* [The problem]:
Working from the records below, repeat exactly the lines starting at the line that contains "pub normalize-no_returns : (s" and ending at the line that contains "(elim (Bool-cases (c", inclusive.

---------- Given records

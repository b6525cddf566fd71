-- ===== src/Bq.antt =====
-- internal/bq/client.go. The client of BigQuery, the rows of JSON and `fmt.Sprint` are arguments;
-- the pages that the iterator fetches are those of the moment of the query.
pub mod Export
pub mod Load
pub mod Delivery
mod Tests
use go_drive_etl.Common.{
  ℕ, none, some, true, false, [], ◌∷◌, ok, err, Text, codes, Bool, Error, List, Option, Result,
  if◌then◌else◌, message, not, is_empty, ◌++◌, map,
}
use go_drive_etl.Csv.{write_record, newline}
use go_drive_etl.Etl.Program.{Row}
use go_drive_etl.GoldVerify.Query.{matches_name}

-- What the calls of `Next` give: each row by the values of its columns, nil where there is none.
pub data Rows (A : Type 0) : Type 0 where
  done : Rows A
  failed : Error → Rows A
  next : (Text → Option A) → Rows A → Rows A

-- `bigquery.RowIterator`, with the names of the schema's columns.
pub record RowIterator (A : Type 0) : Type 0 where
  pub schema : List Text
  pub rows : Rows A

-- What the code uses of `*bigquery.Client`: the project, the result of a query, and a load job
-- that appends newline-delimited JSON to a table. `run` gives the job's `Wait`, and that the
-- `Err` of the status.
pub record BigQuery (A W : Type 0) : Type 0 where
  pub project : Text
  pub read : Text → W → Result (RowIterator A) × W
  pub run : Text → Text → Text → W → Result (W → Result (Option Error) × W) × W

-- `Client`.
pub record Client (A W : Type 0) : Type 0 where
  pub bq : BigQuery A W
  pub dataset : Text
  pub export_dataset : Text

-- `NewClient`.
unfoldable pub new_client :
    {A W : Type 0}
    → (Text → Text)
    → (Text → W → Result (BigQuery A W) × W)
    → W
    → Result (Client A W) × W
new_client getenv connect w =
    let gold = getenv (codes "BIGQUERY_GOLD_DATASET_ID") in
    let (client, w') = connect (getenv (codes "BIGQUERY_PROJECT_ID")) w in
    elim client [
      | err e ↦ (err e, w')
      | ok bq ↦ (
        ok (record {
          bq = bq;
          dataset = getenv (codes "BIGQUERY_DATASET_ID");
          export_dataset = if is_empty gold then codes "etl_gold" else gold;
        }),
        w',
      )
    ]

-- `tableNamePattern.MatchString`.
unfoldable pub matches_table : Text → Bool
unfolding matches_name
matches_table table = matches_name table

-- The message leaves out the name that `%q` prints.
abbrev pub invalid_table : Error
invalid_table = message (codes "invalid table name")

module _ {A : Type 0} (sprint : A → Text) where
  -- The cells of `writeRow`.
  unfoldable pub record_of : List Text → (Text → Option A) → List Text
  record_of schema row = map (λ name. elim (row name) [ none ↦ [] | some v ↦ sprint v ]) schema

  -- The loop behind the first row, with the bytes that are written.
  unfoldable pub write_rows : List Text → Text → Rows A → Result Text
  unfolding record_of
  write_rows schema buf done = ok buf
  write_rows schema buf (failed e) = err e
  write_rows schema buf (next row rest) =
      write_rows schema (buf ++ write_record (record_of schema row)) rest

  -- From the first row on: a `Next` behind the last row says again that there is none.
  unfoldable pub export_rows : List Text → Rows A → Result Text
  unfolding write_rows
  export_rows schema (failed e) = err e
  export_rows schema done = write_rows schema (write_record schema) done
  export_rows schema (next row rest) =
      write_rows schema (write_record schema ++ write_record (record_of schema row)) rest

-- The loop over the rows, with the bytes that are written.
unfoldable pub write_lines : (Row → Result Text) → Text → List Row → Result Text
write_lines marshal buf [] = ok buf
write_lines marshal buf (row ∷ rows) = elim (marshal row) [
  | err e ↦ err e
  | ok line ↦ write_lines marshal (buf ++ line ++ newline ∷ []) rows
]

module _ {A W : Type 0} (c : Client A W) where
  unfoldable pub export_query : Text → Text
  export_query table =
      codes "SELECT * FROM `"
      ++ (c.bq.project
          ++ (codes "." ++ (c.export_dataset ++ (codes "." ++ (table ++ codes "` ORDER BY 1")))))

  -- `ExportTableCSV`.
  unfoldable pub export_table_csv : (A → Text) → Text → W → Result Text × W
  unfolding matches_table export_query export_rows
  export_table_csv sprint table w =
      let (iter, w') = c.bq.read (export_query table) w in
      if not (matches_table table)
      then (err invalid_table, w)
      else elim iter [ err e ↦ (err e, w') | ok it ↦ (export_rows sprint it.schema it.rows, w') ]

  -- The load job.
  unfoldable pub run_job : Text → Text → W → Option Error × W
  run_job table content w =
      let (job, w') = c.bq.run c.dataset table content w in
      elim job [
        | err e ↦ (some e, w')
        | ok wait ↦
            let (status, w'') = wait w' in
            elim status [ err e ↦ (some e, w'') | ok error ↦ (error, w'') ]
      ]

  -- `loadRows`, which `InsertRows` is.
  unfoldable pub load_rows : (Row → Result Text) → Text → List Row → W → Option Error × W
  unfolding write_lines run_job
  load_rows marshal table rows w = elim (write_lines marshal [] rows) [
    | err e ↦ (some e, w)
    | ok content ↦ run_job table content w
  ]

--------------------
---------- Given records

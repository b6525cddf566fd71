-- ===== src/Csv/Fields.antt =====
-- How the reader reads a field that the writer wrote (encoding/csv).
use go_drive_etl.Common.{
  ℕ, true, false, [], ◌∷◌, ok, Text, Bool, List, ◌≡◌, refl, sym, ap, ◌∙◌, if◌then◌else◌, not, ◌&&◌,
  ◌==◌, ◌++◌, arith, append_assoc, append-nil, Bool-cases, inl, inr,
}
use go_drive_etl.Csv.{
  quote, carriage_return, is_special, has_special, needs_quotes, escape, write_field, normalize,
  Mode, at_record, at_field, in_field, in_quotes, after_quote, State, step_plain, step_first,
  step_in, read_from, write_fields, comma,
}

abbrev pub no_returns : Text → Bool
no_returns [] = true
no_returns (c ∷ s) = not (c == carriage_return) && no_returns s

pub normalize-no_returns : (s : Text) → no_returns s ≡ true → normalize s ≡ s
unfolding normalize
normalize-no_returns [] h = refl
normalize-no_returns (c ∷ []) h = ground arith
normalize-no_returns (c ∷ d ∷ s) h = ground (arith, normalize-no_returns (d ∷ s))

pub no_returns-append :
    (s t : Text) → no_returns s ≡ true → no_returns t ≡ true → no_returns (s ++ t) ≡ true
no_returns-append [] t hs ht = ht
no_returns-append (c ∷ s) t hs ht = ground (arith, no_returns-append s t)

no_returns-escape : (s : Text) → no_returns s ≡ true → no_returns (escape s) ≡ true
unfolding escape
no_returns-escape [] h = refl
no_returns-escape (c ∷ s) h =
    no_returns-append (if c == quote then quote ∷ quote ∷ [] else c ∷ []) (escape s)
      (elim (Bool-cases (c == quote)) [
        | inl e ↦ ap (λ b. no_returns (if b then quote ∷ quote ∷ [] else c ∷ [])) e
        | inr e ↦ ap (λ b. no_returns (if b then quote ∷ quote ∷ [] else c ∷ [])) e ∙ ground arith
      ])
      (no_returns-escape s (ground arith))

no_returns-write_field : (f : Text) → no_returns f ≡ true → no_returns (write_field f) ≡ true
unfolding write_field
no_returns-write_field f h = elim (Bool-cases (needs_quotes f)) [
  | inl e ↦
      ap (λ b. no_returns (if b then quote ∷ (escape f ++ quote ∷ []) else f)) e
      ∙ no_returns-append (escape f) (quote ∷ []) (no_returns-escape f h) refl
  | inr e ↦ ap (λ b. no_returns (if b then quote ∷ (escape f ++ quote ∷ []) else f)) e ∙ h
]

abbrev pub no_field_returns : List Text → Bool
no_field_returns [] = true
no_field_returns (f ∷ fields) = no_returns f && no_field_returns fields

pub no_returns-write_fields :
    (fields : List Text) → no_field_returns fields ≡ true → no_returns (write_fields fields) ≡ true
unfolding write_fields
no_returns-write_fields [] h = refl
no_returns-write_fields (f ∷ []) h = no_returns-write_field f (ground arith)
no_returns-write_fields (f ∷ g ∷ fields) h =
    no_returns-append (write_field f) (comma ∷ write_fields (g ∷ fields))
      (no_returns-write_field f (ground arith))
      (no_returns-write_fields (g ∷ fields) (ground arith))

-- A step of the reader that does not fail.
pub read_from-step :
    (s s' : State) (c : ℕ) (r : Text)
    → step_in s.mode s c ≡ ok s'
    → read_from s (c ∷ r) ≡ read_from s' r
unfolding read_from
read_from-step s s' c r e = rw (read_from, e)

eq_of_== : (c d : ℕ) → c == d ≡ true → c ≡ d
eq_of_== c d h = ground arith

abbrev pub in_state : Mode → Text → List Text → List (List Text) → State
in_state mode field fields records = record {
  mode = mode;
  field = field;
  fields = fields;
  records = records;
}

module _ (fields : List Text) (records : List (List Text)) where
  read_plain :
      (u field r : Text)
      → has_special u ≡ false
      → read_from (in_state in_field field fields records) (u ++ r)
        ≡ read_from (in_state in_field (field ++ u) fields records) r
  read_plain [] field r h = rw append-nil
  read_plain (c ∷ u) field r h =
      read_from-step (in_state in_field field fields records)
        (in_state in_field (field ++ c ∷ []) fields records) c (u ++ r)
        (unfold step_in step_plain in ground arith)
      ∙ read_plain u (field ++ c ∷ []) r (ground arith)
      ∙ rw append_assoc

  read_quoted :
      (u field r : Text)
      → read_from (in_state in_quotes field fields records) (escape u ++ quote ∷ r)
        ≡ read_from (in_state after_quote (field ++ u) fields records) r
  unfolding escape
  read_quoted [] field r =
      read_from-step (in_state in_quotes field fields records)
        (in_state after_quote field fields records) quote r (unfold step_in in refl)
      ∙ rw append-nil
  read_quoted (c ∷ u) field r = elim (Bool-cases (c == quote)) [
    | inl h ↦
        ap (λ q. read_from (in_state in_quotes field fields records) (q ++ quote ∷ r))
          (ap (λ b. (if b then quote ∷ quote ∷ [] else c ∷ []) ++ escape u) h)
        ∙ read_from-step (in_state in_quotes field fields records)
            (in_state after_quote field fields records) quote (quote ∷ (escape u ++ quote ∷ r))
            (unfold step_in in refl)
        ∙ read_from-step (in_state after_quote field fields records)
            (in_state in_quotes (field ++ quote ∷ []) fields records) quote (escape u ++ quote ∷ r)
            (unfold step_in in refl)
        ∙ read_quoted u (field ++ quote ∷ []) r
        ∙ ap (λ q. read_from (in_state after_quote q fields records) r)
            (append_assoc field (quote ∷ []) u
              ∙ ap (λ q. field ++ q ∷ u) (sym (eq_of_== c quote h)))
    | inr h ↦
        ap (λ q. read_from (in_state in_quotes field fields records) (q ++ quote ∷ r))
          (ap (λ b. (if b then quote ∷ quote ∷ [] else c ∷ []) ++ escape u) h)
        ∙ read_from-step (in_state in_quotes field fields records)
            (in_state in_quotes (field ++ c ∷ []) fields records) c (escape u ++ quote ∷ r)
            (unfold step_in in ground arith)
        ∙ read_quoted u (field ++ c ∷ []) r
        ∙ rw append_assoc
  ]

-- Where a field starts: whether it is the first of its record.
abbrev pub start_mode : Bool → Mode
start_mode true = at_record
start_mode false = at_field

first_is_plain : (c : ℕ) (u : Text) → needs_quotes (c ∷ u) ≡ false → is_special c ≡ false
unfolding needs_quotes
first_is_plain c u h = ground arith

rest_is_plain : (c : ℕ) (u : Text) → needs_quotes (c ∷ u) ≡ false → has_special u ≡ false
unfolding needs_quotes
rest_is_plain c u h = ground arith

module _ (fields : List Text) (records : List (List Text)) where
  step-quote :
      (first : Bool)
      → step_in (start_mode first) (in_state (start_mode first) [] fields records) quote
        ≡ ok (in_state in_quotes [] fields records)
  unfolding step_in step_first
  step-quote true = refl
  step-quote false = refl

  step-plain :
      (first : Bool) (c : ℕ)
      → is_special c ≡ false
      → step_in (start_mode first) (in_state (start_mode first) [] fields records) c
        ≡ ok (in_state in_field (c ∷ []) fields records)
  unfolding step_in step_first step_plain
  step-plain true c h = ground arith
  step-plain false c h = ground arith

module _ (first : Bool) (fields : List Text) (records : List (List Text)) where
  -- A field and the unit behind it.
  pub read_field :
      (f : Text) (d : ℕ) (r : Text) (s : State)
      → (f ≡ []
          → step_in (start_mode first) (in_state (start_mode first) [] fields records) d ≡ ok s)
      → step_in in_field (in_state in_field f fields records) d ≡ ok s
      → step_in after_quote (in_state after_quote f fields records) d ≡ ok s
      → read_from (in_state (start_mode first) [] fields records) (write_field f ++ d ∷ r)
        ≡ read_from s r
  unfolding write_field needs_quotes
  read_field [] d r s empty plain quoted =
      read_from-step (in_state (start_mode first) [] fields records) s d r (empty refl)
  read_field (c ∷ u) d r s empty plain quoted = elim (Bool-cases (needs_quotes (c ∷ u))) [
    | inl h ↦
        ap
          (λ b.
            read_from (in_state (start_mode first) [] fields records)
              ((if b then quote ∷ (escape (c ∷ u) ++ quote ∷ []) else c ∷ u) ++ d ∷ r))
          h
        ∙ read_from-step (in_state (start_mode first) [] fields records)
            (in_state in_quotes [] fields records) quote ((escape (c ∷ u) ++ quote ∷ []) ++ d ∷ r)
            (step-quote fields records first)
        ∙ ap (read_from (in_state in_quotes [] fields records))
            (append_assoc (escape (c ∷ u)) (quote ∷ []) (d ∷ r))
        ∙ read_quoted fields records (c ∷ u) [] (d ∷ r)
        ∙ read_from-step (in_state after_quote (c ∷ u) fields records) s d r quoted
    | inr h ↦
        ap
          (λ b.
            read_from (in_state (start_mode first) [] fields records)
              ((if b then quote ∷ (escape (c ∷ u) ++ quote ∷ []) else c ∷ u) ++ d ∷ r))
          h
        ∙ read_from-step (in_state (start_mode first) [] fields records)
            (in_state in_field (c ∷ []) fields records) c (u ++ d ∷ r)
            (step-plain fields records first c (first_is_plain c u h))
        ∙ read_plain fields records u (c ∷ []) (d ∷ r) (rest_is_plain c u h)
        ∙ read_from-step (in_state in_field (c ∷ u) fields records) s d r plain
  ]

--------------------

* [Written answer]:
pub normalize-no_returns : (s : Text) → no_returns s ≡ true → normalize s ≡ s
unfolding normalize
normalize-no_returns [] h = refl
normalize-no_returns (c ∷ []) h = ground arith
normalize-no_returns (c ∷ d ∷ s) h = ground (arith, normalize-no_returns (d ∷ s))

pub no_returns-append :
    (s t : Text) → no_returns s ≡ true → no_returns t ≡ true → no_returns (s ++ t) ≡ true
no_returns-append [] t hs ht = ht
no_returns-append (c ∷ s) t hs ht = ground (arith, no_returns-append s t)

no_returns-escape : (s : Text) → no_returns s ≡ true → no_returns (escape s) ≡ true
unfolding escape
no_returns-escape [] h = refl
no_returns-escape (c ∷ s) h =
    no_returns-append (if c == quote then quote ∷ quote ∷ [] else c ∷ []) (escape s)
      (elim (Bool-cases (c == quote)) [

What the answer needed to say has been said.